Бунин написал «Холодную осень» 3 мая сорок четвертого года, через восемь с половиной месяцев после смерти внучки Пушкина. Первого января сорок пятого года старый писатель пишет в дневнике: «Очень самого трогает „Холодная осень“. Да, „великая октябрьская“, белая армия, эмиграция… Как уже далеко все! И сколько было надежд! В сущности, удивительно счастливые были дни. И вот уже далекие и никому не нужные. „Патриоты“, „Amis de la patrie sovietique“… (необыкновенно глупо: Советское отечество! Уж не говоря о том, что никто там ни с кем не советуется)».
Через несколько дней Бунин ночью (ему не спится) записывает в дневник: «Все перечитываю Пушкина. Всю мою долгую жизнь, с отрочества, не могу примириться с его дикой гибелью! Лет пятнадцать тому назад я обедал у какой-то герцогини в Париже, на обеде был Henri de Renier в широком старомодном фраке, с галльскими усами. Когда мы после обеда стоя курили с ним, он мне сказал, что Дантес приходится ему каким-то дальним родственником — и: que voulez-vous? [Что Вы хотите?] Дантес защищал свою жизнь! — Мог бы и не говорить мне этого».

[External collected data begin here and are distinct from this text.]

-- ===== src/Firewall/Terse.antt =====
-- The reader of what an Emare OS server prints (`_parse_emareos_terse`): lines of an index, flags and pairs `key=value`.
-- The expressions are recognisers that go from left to right over a line.
pub mod Values
use Prim.Native.Char.{Char, code}
use Prim.Native.String.{String, [], ◌∷◌, ◌++◌}
use mathlib.Core.List.{List}
use mathlib.Core.Option.{Option, none, some}
use text.Mathlib.Text.{starts_with}
use emarecloud.Prelude.{
  ◌≡◌, refl, ℕ, zero, suc, ◌+◌, Bool, true, false, not, ◌&&◌, ◌||◌, leb, nat_beq, if◌then◌else◌,
  string_eq,
}
use emarecloud.Dict
use emarecloud.Dict.{Dict}
use emarecloud.Text.{is_empty, is_space, lstrip, strip}
use emarecloud.Text.Split.{split_on, decimal}
use emarecloud.Text.Digits.{is_digit}
use emarecloud.Firewall.Quote.{is_word}

-- The value of an entry: an int under `_index`, else a text.
pub data Field : Type 0 where
  number : ℕ → Field
  word : String → Field

abbrev pub Entry : Type 0
Entry = Dict String Field

-- A text with how many characters it stands for.
abbrev pub grow : Char → Option (String × ℕ) → Option (String × ℕ)
grow c none = none
grow c (some (s, n)) = some (c ∷ s, n + 1)

-- `((?:[^"\\]|\\.)*)"` behind the opening quote: what stands before the closing one, its backslashes kept, and the length
-- with the closing quote.
unfoldable pub quoted_body : (escaped : Bool) → String → Option (String × ℕ)
quoted_body escaped [] = none
quoted_body true (c ∷ s) = grow c (quoted_body false s)
quoted_body false (c ∷ s) =
    let rest = quoted_body (nat_beq (code c) 92) s in
    if nat_beq (code c) 34 then some ([], 1) else grow c rest

-- `\S*`
unfoldable pub bare_value : String → String × ℕ
bare_value [] = ([], 0)
bare_value (c ∷ s) =
    let r = bare_value s in if is_space (code c) then ([], 0) else (c ∷ r.0, r.1 + 1)

abbrev pub or_bare : String → Option (String × ℕ) → String × ℕ
or_bare s none = bare_value s
or_bare s (some (v, n)) = (v, n + 1)

-- The value behind `=`, and its length: a quoted one where a closing quote is there.
unfoldable pub value_at : String → String × ℕ
unfolding quoted_body
value_at [] = ([], 0)
value_at (c ∷ s) = or_bare (c ∷ s) (if nat_beq (code c) 34 then quoted_body false s else none)

-- `[\w-]`
abbrev pub is_key : ℕ → Bool
is_key c = is_word c || nat_beq c 45

-- The state of the scan: a value of which so many characters and one more are left to skip, or the key under way.
pub data State : Type 0 where
  skipping : ℕ → State
  reading : String → State

abbrev pub skip : ℕ → State
skip zero = reading []
skip (suc n) = skipping n

-- A value begins behind a key and an equals sign.
abbrev pub begins_value : (key : String) → Char → Bool
begins_value key c = nat_beq (code c) 61 && not (is_empty key)

abbrev pub after : State → Char → (behind : String) → State
after (skipping n) c s = skip n
after (reading key) c s =
    if begins_value key c
    then skip (value_at s).1
    else if is_key (code c)
    then reading (key ++ (c ∷ []))
    else reading []

abbrev pub add_pair : State → Char → (behind : String) → Entry → Entry
add_pair (skipping n) c s rest = rest
add_pair (reading key) c s rest =
    if begins_value key c then List.◌∷◌ (key, word (value_at s).0) rest else rest

-- The pairs of a line, in order: `re.finditer(r'([\w-]+)=(?:"((?:[^"\\]|\\.)*)"|(\S*))', rest)`.
unfoldable pub scan : State → String → Entry
unfolding value_at
scan st [] = List.[]
scan st (c ∷ s) = let rest = scan (after st c s) s in add_pair st c s rest

-- The longest run of characters at the start, and what is behind it.
unfoldable pub split_run : (ℕ → Bool) → String → String × String
split_run p [] = ([], [])
split_run p (c ∷ s) = let r = split_run p s in if p (code c) then (c ∷ r.0, r.1) else ([], c ∷ s)

abbrev pub starts_space : String → Bool
starts_space [] = false
starts_space (c ∷ s) = is_space (code c)

-- A run that is not empty, then white space, then the rest.
abbrev pub run_then : String × String → Option (String × String)
run_then (run, rest) =
    if not (is_empty run) && starts_space rest then some (run, lstrip rest) else none

abbrev pub is_upper : ℕ → Bool
is_upper c = leb 65 c && leb c 90

-- `entry[key] = value` for each pair.
unfoldable pub set_all : Entry → Entry → Entry
set_all List.[] e = e
set_all (List.◌∷◌ (k, v) pairs) e = set_all pairs (Dict.set k v e)

unfoldable pub entry_of : (index flags rest : String) → Entry
unfolding scan set_all
entry_of index flags rest =
    set_all (scan (reading []) rest)
      (List.◌∷◌ ("_index", number (decimal index)) (List.◌∷◌ ("_flags", word flags) List.[]))

abbrev pub with_flags : (index rest : String) → Option (String × String) → Entry
with_flags index rest none = entry_of index [] rest
with_flags index rest (some (flags, behind)) = entry_of index flags behind

abbrev pub indexed : Option (String × String) → Option Entry
indexed none = none
indexed (some (index, rest)) = some (with_flags index rest (run_then (split_run is_upper rest)))

-- The entry of a line that is stripped; none for an empty line, a heading or one without an index.
unfoldable pub line_entry : String → Option Entry
unfolding entry_of split_run is_digit
line_entry line =
    if is_empty line
      || starts_with line "Columns:"
      || starts_with line "#"
      || starts_with line "Flags:"
    then none
    else indexed (run_then (split_run is_digit line))

abbrev pub push_entry : Option Entry → List Entry → List Entry
push_entry none rest = rest
push_entry (some e) rest = List.◌∷◌ e rest

unfoldable pub entries : List String → List Entry
unfolding line_entry
entries List.[] = List.[]
entries (List.◌∷◌ l ls) = push_entry (line_entry (strip l)) (entries ls)

-- `_parse_emareos_terse`
unfoldable pub parse_emareos_terse : String → List Entry
unfolding entries
parse_emareos_terse output = entries (split_on 10 (strip output))

line-sample :
    line_entry "0 X a=\"b c\""
    ≡ some (
        List.◌∷◌
          ("_index", number 0)
          (List.◌∷◌ ("_flags", word "X") (List.◌∷◌ ("a", word "b c") List.[])))
unfolding line_entry is_empty is_space lstrip Dict.set decimal emarecloud.Text.Digits.digit_value
line-sample = refl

Конечно, и время написания рассказа, и дневниковые записи Бунина, и сюжетные линии, — все говорит о том, что прообразом героини могла быть Пушкина-Розенмайер. Но автор почему-то старательно избежал описания портрета героини. Ни одной краски, ни намека. Да и в судьбе бежавших от русской революционной бури было так много общего. И все-таки… Интересно, знал ли Бунин, что с внучкой Пушкина связана таинственная история о пропавшем пушкинском дневнике? В дневнике самого Бунина — об этом ни слова. Знай он эту историю, она взволновала бы его. Стало быть, Розенмайер ему об этом не рассказывала.

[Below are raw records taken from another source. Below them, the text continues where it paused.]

-- ===== src/Firewall/Forward/Remove.antt =====
-- The removal of a forwarded port (`remove_port_forward`): on Emare OS the rule is looked up in what the server prints.
use emarecloud.Prelude.{
  String, ◌⊎◌, inl, inr, false, not, ◌&&◌, Option, none, some, List, [], ◌∷◌, if◌then◌else◌, nat_eq,
  string_eq, pair_eq,
}
use Prim.Native.String.{◌++◌}
use emarecloud.Dict
use emarecloud.Integers.{ℤ, pos, parse_int}
use emarecloud.Text.{is_empty}
use emarecloud.Text.Decimal.{int_text}
use emarecloud.Firewall.Quote.{sq}
use emarecloud.Firewall.Mq.{mq}
use emarecloud.Firewall.Validate.{validate_ip, validate_port, validate_protocol}
use emarecloud.Firewall.Terse.{Field, number, word, Entry, parse_emareos_terse}
use emarecloud.Firewall.Program.{
  Kind, firewalld, emareos, M, Outcome, ◌>>=◌, ◌>>◌, pure, exec, lift, with_valid,
}
use emarecloud.Firewall.Detect.{invalidate_cache, detect_type}
use emarecloud.Firewall.Change.{change, change_and_reload}
use emarecloud.Firewall.Rules.{with_optional}
use emarecloud.Firewall.Forward.{Forward, forward_spec}

-- `int(entry.get('_index', 0))`, as a text; a text that is no int raises.
abbrev pub parsed : Option ℤ → String ⊎ String
parsed none = inl "invalid literal for int()"
parsed (some i) = inr (int_text i)

abbrev pub index_of : Option Field → String ⊎ String
index_of none = inr (int_text (pos 0))
index_of (some (number n)) = inr (int_text (pos n))
index_of (some (word s)) = parsed (parse_int s)

abbrev pub not_found : Outcome
not_found = (false, "Emare NAT kuralı bulunamadı.")

-- The first rule of what was printed is removed.
unfoldable pub remove_first : (server : String) → List Entry → M Outcome
unfolding pure lift ◌>>=◌ change
remove_first s [] = pure not_found
remove_first s (e ∷ es) = do
  index ← lift (index_of (Dict.get "_index" e))
  change s ("/emare firewall nat remove numbers=" ++ index) "Emare NAT kuralı kaldırıldı."

unfoldable pub remove_emareos : (server port protocol : String) → M Outcome
unfolding exec pure lift ◌>>=◌ remove_first
remove_emareos s port protocol = do
  p ← lift (mq port)
  q ← lift (mq protocol)
  r ← exec s (
      "/emare firewall nat print terse without-paging where chain=dstnat dst-port="
      ++ (p ++ (" protocol=" ++ q)))
  if r.ok && not (is_empty r.out)
      then remove_first s (parse_emareos_terse r.out)
      else pure not_found

unfoldable pub remove_with : Option Kind → (server : String) → Forward → M Outcome
unfolding pure with_valid with_optional remove_emareos change_and_reload
remove_with (some emareos) s f =
    with_valid (validate_port f.port)
      λ port. with_valid (validate_protocol f.protocol) λ protocol. remove_emareos s port protocol
remove_with (some firewalld) s f = with_valid (validate_port f.port) λ port.
    with_valid (validate_port f.to_port) λ to_port.
      with_valid (validate_protocol f.protocol) λ protocol.
        with_optional validate_ip f.to_addr λ to_addr.
          change_and_reload s
            ("sudo firewall-cmd --permanent --remove-forward-port="
              ++ (sq (
                    forward_spec (record {
                      port = port;
                      to_port = to_port;
                      to_addr = to_addr;
                      protocol = protocol;
                    }))
                  ++ " 2>&1"))
            "Port yönlendirme kaldırıldı."
remove_with kind s f = pure (false, "Sadece firewalld ve Emare destekleniyor.")

-- `remove_port_forward`
unfoldable pub remove_port_forward : (server : String) → Forward → M Outcome
unfolding ◌>>=◌ invalidate_cache detect_type remove_with
remove_port_forward s f = do invalidate_cache s; kind ← detect_type s; remove_with kind s f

Многие русские пушкинисты сомневались в том, что второй неизвестный дневник вообще существует. Николай Александрович Пушкин, брат Елены Александровны, живший в то время в Брюсселе, считал все это легендой, которую сестра нарочно придумала, желая привлечь внимание к себе и своему бедственному положению. Было ли это легендой или правдой, — оставалось неизвестным и продолжало будить воображение. В печати появлялись научные статьи и даже фантастические рассказы на эту тему. В середине восьмидесятых годов сообщили о публикации в США неизвестного дневника Пушкина. Взволнованный, я попросил американских друзей срочно прислать мне по почте экземпляр. Они немедленно откликнулись. Книжки я не получил: ее задержала таможня. Друзья посылали снова и снова. И все напрасно! Ни один экземпляр до меня не дошел. Все разъяснилось, когда в гостях у И. С. Зильберштейна я увидел эту книгу. Это оказалась фальсификация, и притом порнографического характера. Книжку Зильберштейн получил по почте. Я понял, что советская таможня крепко стоит на страже нравственности. Но вот как получил книгу Зильберштейн, — осталось для меня загадкой.

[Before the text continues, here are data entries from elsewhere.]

-- ===== src/Firewall/Program/Ends.antt =====
-- Caches that a program leaves, however it ends, one rule for each way to build a program.
use emarecloud.Prelude.{
  String, ◌⊎◌, inl, inr, Bool, true, false, if◌then◌else◌, nat_eq, string_eq, pair_eq,
}
use emarecloud.Firewall.Program.{
  Reply, Caches, Program, done, raised, call, M, Outcome, continue, ◌>>=◌, pure, gets, modify, exec,
  lift, with_valid,
}

-- The caches satisfy `Q` where the program ends, whatever the replies.
abbrev pub AllEnds : {A : Type 0} → (Caches → Type 0) → Program A → Type 0
AllEnds Q (done c a) = Q c
AllEnds Q (raised c e) = Q c
AllEnds Q (call s m k) = (r : Reply) → AllEnds Q (k r)

-- From caches with `Q` the program ends in caches with `Q`.
pub record Keeps {A : Type 0} (Q : Caches → Type 0) (m : M A) : Type 0 where
  pub at : (c : Caches) → Q c → AllEnds Q (m c)

module _ {Q : Caches → Type 0} where
  pub Keeps-pure : {A : Type 0} (a : A) → Keeps Q (pure a)
  unfolding pure
  Keeps-pure a = record { at = λ c h. h }

  pub Keeps-gets : {A : Type 0} (f : Caches → A) → Keeps Q (gets f)
  unfolding gets
  Keeps-gets f = record { at = λ c h. h }

  pub Keeps-modify : (f : Caches → Caches) → ((c : Caches) → Q c → Q (f c)) → Keeps Q (modify f)
  unfolding modify
  Keeps-modify f k = record { at = k }

  pub Keeps-exec : (s m : String) → Keeps Q (exec s m)
  unfolding exec
  Keeps-exec s m = record { at = λ c h r. h }

  pub Keeps-lift : (v : String ⊎ String) → Keeps Q (lift v)
  unfolding lift
  Keeps-lift (inl e) = record { at = λ c h. h }
  Keeps-lift (inr v) = record { at = λ c h. h }

  pub Keeps-with_valid :
      (v : String ⊎ String) (f : String → M Outcome)
      → ((a : String) → Keeps Q (f a))
      → Keeps Q (with_valid v f)
  unfolding with_valid
  Keeps-with_valid (inl e) f h = Keeps-pure (false, e)
  Keeps-with_valid (inr a) f h = h a

  AllEnds-continue :
      {A B : Type 0} (p : Program A) (f : A → M B)
      → AllEnds Q p
      → ((a : A) → Keeps Q (f a))
      → AllEnds Q (continue p f)
  AllEnds-continue (done c a) f h k = (k a).at c h
  AllEnds-continue (raised c e) f h k = h
  AllEnds-continue (call s m g) f h k = λ r. AllEnds-continue (g r) f (h r) k

  pub Keeps-bind :
      {A B : Type 0} (m : M A) (f : A → M B)
      → Keeps Q m
      → ((a : A) → Keeps Q (f a))
      → Keeps Q (m >>= f)
  unfolding ◌>>=◌
  Keeps-bind m f h k = record { at = λ c q. AllEnds-continue (m c) f (h.at c q) k }

  pub Keeps-if :
      {A : Type 0} (b : Bool) (m n : M A) → Keeps Q m → Keeps Q n → Keeps Q (if b then m else n)
  Keeps-if true m n h k = h
  Keeps-if false m n h k = k

pub ruleset keeps_rules = (
  Keeps-pure, Keeps-gets, Keeps-modify, Keeps-exec, Keeps-lift, Keeps-with_valid, Keeps-bind,
  Keeps-if,
)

В феврале девяносто седьмого года я приехал в Ниццу. Весь предыдущий год в Москве мучительно умирала моя жена, и пригласившие меня друзья верили, что Лазурный берег — лучшее средство от депрессии. Жил я в отеле l’Oasis (Оазис), где Чехов в 1900 году кончил редактировать «Трех сестер». Впрочем, в то время отель назывался «Русским пансионом». Во дворе пальмы, а под моим балконом — густые вечнозеленые заросли с листьями, будто вырезанными из жести, с яркими желтыми грейпфрутами. Двор был действительно оазисом в большом приморском городе. Тихо. Поют птицы. Пахнет настоянным на лимонах морским воздухом. Где-то в этом доме, может быть, даже в моей комнате, Чехов писал или переписывал монологи сестер, мечтавших о Москве. «Уехать в Москву. Продать дом, покончить все здесь и в Москву… Да! Скорее в Москву». Мне сейчас это казалось странным: в Москве осталась смерть.
Днем я уходил по улицам Гуно и Мейербера к набережной, Promenade des Angles. Широкое шоссе обсажено пальмами, доходящими до верхних этажей светлых, кремового цвета вилл. А по другую сторону от шоссе — море. В это время года солнце — тусклое, как будто растаявшее, а вода не лазурная, а серовато-жемчужная. Дул холодный ветер. За день я уходил на десять, пятнадцать километров в сторону итальянской ривьеры, туда, где на горизонте холмился берег и стояли рыбацкие сети. Море успокаивает. Может быть, потому, что море — стихия. А перед стихией отступает и одиночество. Замерзший, я возвращался назад и пил чай в баре на набережной. Подавая чай, бармен жаловался на погоду:
— Нынче и осень была очень холодной.
А я, услышав про холодную осень, тут же вспоминал о Бунине и внучке Пушкина.